(Saved data entries)
+---+
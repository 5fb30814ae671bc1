-- ===== src/Extension/Label.antt =====
-- A printed tag label, typed back as the argument of `-tag`.
use dbgscope.Base.{
  ℕ, zero, suc, ◌<◌, ◌≡◌, refl, ap, sym, ◌∙◌, arith, false, some, ok, List, [], ◌∷◌, ◌++◌, All,
  length, replicate, inl, inr, Bool-cases,
}
use dbgscope.Base.Words.{IsU32}
use dbgscope.Decode.Tags.{raw_tag_hex, parse_tag, space, display_round_trips, tag_label}
use dbgscope.Decode.Tags.Word.{IsWordByte, display_tag_word, raw_tag_hex_word}
use dbgscope.Decode.Tags.RoundTrip.{parse_tag-raw_tag_hex}
use dbgscope.Extension.{
  parse_args, split_ascii_whitespace, words_from, push_word, is_ascii_whitespace, no_arguments,
  arg_tag, tag_argument,
}
use mathlib.Core.List.{append-nil, append_assoc}

-- A word is read to its end, and blanks behind it end it or change nothing.
words_from_spaces : (k : ℕ) → words_from [] (replicate k space) ≡ []
unfolding words_from push_word
words_from_spaces zero = refl
words_from_spaces (suc k) = words_from_spaces k

push_word_lem :
    (word : List ℕ) (words : List (List ℕ)) → 0 < length word → push_word word words ≡ word ∷ words
unfolding push_word
push_word_lem [] words h = absurd (omega arith)
push_word_lem (b ∷ word) words h = refl

words_from_word :
    (k : ℕ) (front word : List ℕ)
    → All IsWordByte word
    → 0 < length (front ++ word)
    → words_from front (word ++ replicate k space) ≡ (front ++ word) ∷ []
unfolding words_from
words_from_word zero front [] h n = push_word_lem front [] (rw append-nil at n) ∙ rw append-nil
words_from_word (suc k) front [] h n =
    ap (push_word front) (words_from_spaces k)
    ∙ push_word_lem front [] (rw append-nil at n)
    ∙ rw append-nil
words_from_word k front (b ∷ word) h n =
    let printing : is_ascii_whitespace b ≡ false = ground arith in
    rw printing (words_from_word k (front ++ (b ∷ [])) word h.1 (rw append_assoc n))
    ∙ ap (λ w. w ∷ []) (append_assoc front (b ∷ []) word)

-- A label is one word, which parses as the tag.
tag_label_word :
    (tag : ℕ)
    → IsU32 tag
    → (word : List ℕ) × (k : ℕ) × (tag_label tag ≡ word ++ replicate k space)
      × (0 < length word)
      × All IsWordByte word
      × (parse_tag word ≡ some tag)
unfolding tag_label
tag_label_word tag h = elim (Bool-cases (display_round_trips tag)) [
  | inl shown ↦ rw shown (display_tag_word tag h shown)
  | inr hidden ↦
      let (n, printing) = raw_tag_hex_word tag in
      rw hidden (
        raw_tag_hex tag,
        0,
        sym (append-nil (raw_tag_hex tag)),
        n,
        printing,
        parse_tag-raw_tag_hex tag h,
      )
]

-- Every 32-bit tag is shown by a label that names it: typed back as the argument of `-tag`, the
-- label is one argument, and the command that is parsed asks for that tag and nothing else.
pub parse_args-tag_label :
    (tag : ℕ)
    → IsU32 tag
    → parse_args (arg_tag ++ (space ∷ tag_label tag)) ≡ ok (record no_arguments { tag = some tag })
unfolding parse_args split_ascii_whitespace
parse_args-tag_label tag h =
    let (word, k, label, n, printing, parsed) = tag_label_word tag h in
    let words : words_from [] (tag_label tag) ≡ word ∷ [] =
      ap (words_from []) label ∙ words_from_word k [] word printing n in
    rw (words, parsed, tag_argument)
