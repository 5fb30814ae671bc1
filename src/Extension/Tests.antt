-- ===== src/Extension/Tests.antt =====
-- `!poolmap -tag Tgsm` and runs of the parser.
use dbgscope.Base.{◌∷◌, ◌++◌, some, ok, ◌≡◌, arith}
use dbgscope.Decode.Tags.{space, tag_label}
use dbgscope.Extension.{parse_args, no_arguments, arg_tag}
use dbgscope.Extension.Label.{parse_args-tag_label}

-- A tag with a byte that does not print, whose label is the raw form.
parse_args-tag_label_example :
    parse_args (arg_tag ++ (space ∷ tag_label 0x5467_0001))
    ≡ ok (record no_arguments { tag = some 0x5467_0001 })
parse_args-tag_label_example = parse_args-tag_label 0x5467_0001 (omega arith)
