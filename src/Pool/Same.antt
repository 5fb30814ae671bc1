-- ===== src/Pool/Same.antt =====
-- The derived `PartialEq` of the types of src/pool.rs.
use dbgscope.Base.{ℕ, ◌&&◌, ◌==◌, Bool, true, false, Option, none, some}
use dbgscope.Pool.{PoolKind, PoolBackend, PoolState, HeapIdentity}

abbrev pub kind_discriminant : PoolKind → ℕ
kind_discriminant PoolKind.non_paged_executable = 0
kind_discriminant PoolKind.non_paged_nx = 1
kind_discriminant PoolKind.paged = 2
kind_discriminant PoolKind.prototype_paged = 3
kind_discriminant PoolKind.special_non_paged = 4
kind_discriminant PoolKind.special_non_paged_nx = 5
kind_discriminant PoolKind.special_paged = 6
kind_discriminant PoolKind.special_prototype_paged = 7

abbrev pub backend_discriminant : PoolBackend → ℕ
backend_discriminant PoolBackend.lfh = 0
backend_discriminant PoolBackend.vs = 1
backend_discriminant PoolBackend.segment = 2
backend_discriminant PoolBackend.large = 3

abbrev pub bool_discriminant : Bool → ℕ
bool_discriminant false = 0
bool_discriminant true = 1

abbrev pub same_kind : PoolKind → PoolKind → Bool
same_kind a b = kind_discriminant a == kind_discriminant b

abbrev pub same_backend : PoolBackend → PoolBackend → Bool
same_backend a b = backend_discriminant a == backend_discriminant b

abbrev pub same_heap : HeapIdentity → HeapIdentity → Bool
same_heap a b =
    a.pool_state == b.pool_state
    && a.heap == b.heap
    && bool_discriminant a.special == bool_discriminant b.special

abbrev pub same_subsegment : Option ℕ → Option ℕ → Bool
same_subsegment none none = true
same_subsegment none (some b) = false
same_subsegment (some a) none = false
same_subsegment (some a) (some b) = a == b

-- `state == PoolState::Allocated`, and the same for `ReusableFree`.
abbrev pub is_allocated : PoolState → Bool
is_allocated PoolState.allocated = true
is_allocated _ = false

abbrev pub is_reusable_free : PoolState → Bool
is_reusable_free PoolState.reusable_free = true
is_reusable_free _ = false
+---+
• Try it: Which lines above run from the one containing "-- A word is" to the one containing "(k : ℕ) (front word : List ℕ)"? Give them again exactly, both ends included.

• Solution to the exercise:
-- A word is read to its end, and blanks behind it end it or change nothing.
words_from_spaces : (k : ℕ) → words_from [] (replicate k space) ≡ []
unfolding words_from push_word
words_from_spaces zero = refl
words_from_spaces (suc k) = words_from_spaces k

push_word_lem :
    (word : List ℕ) (words : List (List ℕ)) → 0 < length word → push_word word words ≡ word ∷ words
unfolding push_word
push_word_lem [] words h = absurd (omega arith)
push_word_lem (b ∷ word) words h = refl

words_from_word :
    (k : ℕ) (front word : List ℕ)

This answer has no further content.